A huge reason why I am such an anti-helicopter-parenting curmudgeon derives from my own upbringing. My parents could not be called helicopter parents, unless the helicopter drops the child off at a boarding school in the middle of nowhere Kenya with little contact with the outside world (I do not exaggerate on this point; I recall a telephone with a turn crank in place of dial with numbers) and leaves altogether. I'm not criticizing, I turned out fine. I bathed myself, dressed myself, fed myself, did my chores, solved my own interpersonal dilemmas. I even--GASP--did my own homework! WITHOUT BEING TOLD! I actually graduated high school people! Yes I did! It's a freaking miracle I even survived, I tell you. So forgive me for thinking my children can and should finish grade school without my help. It's a hard-knock life. And this is why I pay taxes.

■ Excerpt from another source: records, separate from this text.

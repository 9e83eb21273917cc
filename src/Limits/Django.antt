-- ===== src/Limits/Django.antt =====
-- `consume_rate_limit` of apps/api_keys/services/limits.py.
use ai_inference_gateway_pla.Base.{
  ℕ, zero, suc, ◌+◌, ◌<◌, ◌≡◌, ◌≢◌, refl, ap, ◌∙◌, Bool, true, false, Option, none, some, List, [],
  ◌∷◌, arith, leb, ◌==◌, if◌then◌else◌, min, All,
}
use ai_inference_gateway_pla.Limits.Cache.{Cache, CacheKey, rpm, IsDead, seconds}
use ai_inference_gateway_pla.Limits.Counter.{
  incr_or_add, incr_or_add-dead, incr_or_add-live, incr_or_add-frame, count_of, incr_or_add-count,
}
use ai_inference_gateway_pla.Limits.Window.{
  window_of, calls_in, admitted_in, run_calls, run_calls-admits,
}

module _ (cache : Cache) where
  open cache use {Store, lookup, incr}

  abbrev answer : ℕ → ℕ × Store → Bool × Store
  answer limit (n, s) = (leb n limit, s)

  unfoldable pub consume_rate_limit : ℕ → ℕ → ℕ → Store → Bool × Store
  consume_rate_limit pk limit now s =
      let key = rpm pk (window_of now) in
      if limit == 0 then (true, s) else answer limit (incr_or_add cache key 120 now s)

  -- The store has counted `c` calls of the key in the window, and will have to its end.
  abbrev pub Counts : ℕ → ℕ → ℕ → Store → Type 0
  Counts pk w zero s = (t : ℕ) → window_of t ≡ w → IsDead t (lookup s (rpm pk w))
  Counts pk w (suc c) s =
      (d : ℕ) × (lookup s (rpm pk w) ≡ some (suc c, d)) × ((t : ℕ) → window_of t ≡ w → t < d)

  consume-counts :
      (pk limit now : ℕ) (s : Store)
      → limit ≢ 0
      → consume_rate_limit pk limit now s
        ≡ answer limit (incr_or_add cache (rpm pk (window_of now)) 120 now s)
  unfolding consume_rate_limit
  consume-counts pk limit now s pos =
      let nonzero : (limit == 0) ≡ false = ground arith in rw nonzero

  Answers : ℕ → ℕ → ℕ → ℕ → Bool × Store → Type 0
  Answers pk limit now c (b, s') = (b ≡ leb (suc c) limit) × Counts pk (window_of now) (suc c) s'

  consume-hit :
      (pk limit now c : ℕ) (s : Store)
      → limit ≢ 0
      → Counts pk (window_of now) c s
      → Answers pk limit now c (consume_rate_limit pk limit now s)
  unfolding Answers
  consume-hit pk limit now zero s pos h =
      let key = rpm pk (window_of now) in
      let (n, stored) = incr_or_add-dead cache key 120 now s (h now refl) in
      rw (consume-counts pk limit now s pos)
        (ap (λ m. leb m limit) n, (now + seconds 120, stored, λ t same. omega arith))
  consume-hit pk limit now (suc c) s pos (d, e, live) =
      let key = rpm pk (window_of now) in
      let (n, stored) = incr_or_add-live cache key 120 now (suc c) d s e (live now refl) in
      let next : suc c + 1 ≡ suc (suc c) = omega arith in
      rw (consume-counts pk limit now s pos)
        (ap (λ m. leb m limit) (n ∙ next), (d, stored ∙ ap (λ m. some (m, d)) next, live))

  rpm-ne : (pk v w : ℕ) → v ≢ w → rpm pk v ≢ rpm pk w
  rpm-ne pk v w apart e = apart (cc)

  Counts-frame :
      (pk w c : ℕ) (s s' : Store)
      → lookup s' (rpm pk w) ≡ lookup s (rpm pk w)
      → Counts pk w c s
      → Counts pk w c s'
  Counts-frame pk w zero s s' e h = λ t q. rw e (h t q)
  Counts-frame pk w (suc c) s s' e (d, f, live) = (d, e ∙ f, live)

  consume-frame :
      (pk limit now w : ℕ) (s : Store)
      → window_of now ≢ w
      → lookup (consume_rate_limit pk limit now s).1 (rpm pk w) ≡ lookup s (rpm pk w)
  unfolding consume_rate_limit
  consume-frame pk limit now w s apart = ground (
    arith,
    incr_or_add-frame cache (rpm pk (window_of now)) (rpm pk w) 120 now s
        (rpm-ne pk (window_of now) w apart),
  )

  -- With a positive limit, the calls of one key, made one after the other, are admitted exactly up
  -- to the limit in every window that the cache has no counter for at the start, whatever the order
  -- of the times. Calls that overlap are not covered: they may exceed the limit.
  pub consume_rate_limit-admits :
      (pk limit w : ℕ) (times : List ℕ) (s : Store)
      → limit ≢ 0
      → lookup s (rpm pk w) ≡ none
      → admitted_in w (run_calls (consume_rate_limit pk limit) times s)
        ≡ min limit (calls_in w times)
  unfolding Answers
  consume_rate_limit-admits pk limit w times s pos fresh =
      run_calls-admits (consume_rate_limit pk limit) limit (Counts pk) (λ t c x h. hit t c x h)
        (λ t v c x apart h. Counts-frame pk v c x _ (consume-frame pk limit t v x apart) h) w times
        s (λ t q. rw fresh tt)
    where
      hit :
          (t c : ℕ) (x : Store)
          → Counts pk (window_of t) c x
          → ((consume_rate_limit pk limit t x).0 ≡ leb (c + 1) limit)
            × Counts pk (window_of t) (c + 1) (consume_rate_limit pk limit t x).1
      hit t c x h = let e : c + 1 ≡ suc c = omega arith in rw e (consume-hit pk limit t c x pos h)

  -- The increments of `m` requests, one after the other.
  pub increments : CacheKey → ℕ → ℕ → Store → List (Option ℕ)
  increments key now zero s = []
  increments key now (suc m) s = (incr key now s).0 ∷ increments key now m (incr key now s).1

  -- The answer of a call rests on its increment alone: 1 counts on a `ValueError`, whether or not
  -- the `add` that follows finds a counter that another request has added in between.
  consume_rate_limit-increment :
      (pk limit now : ℕ) (s : Store)
      → limit ≢ 0
      → (consume_rate_limit pk limit now s).0
        ≡ leb (count_of cache (incr (rpm pk (window_of now)) now s).0) limit
  consume_rate_limit-increment pk limit now s pos =
      rw (consume-counts pk limit now s pos)
        (ap (λ n. leb n limit) (incr_or_add-count cache (rpm pk (window_of now)) 120 now s))

  -- The call is not atomic. With a positive limit and no live counter, the answer of a call is what
  -- its increment makes it; and however many requests increment before the first of them adds the
  -- counter, the answer that each increment makes is yes.
  pub overlap_admits :
      (pk limit now m : ℕ) (s : Store)
      → limit ≢ 0
      → IsDead now (lookup s (rpm pk (window_of now)))
      → ((consume_rate_limit pk limit now s).0
          ≡ leb (count_of cache (incr (rpm pk (window_of now)) now s).0) limit)
        × All
            (λ r. leb (count_of cache r) limit ≡ true)
            (increments (rpm pk (window_of now)) now m s)
  unfolding increments
  overlap_admits pk limit now m s pos dead =
      (consume_rate_limit-increment pk limit now s pos, missed_all m s dead)
    where
      missed_all :
          (k : ℕ) (x : Store)
          → IsDead now (lookup x (rpm pk (window_of now)))
          → All
              (λ r. leb (count_of cache r) limit ≡ true)
              (increments (rpm pk (window_of now)) now k x)
      missed_all zero x gone = tt
      missed_all (suc k) x gone =
          let key = rpm pk (window_of now) in
          let (missed, still) = cache.incr_dead key now x gone in
          (rw missed (ground arith), missed_all k (incr key now x).1 still)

In my defense, my parenting style is not the result of pure sloth or heartlessness. I actually think it might be good for my kids to fend for themselves, to be responsible for their own crap, and to reap the consequences of irresponsibility. Charlotte, for one, is starting to catch on that her mother is not exactly Super Mom. She has started reminding me what I need to do and gathering her own things together. Way to go, Charlotte. Keep up the good work. I'll just be over here taking a nap.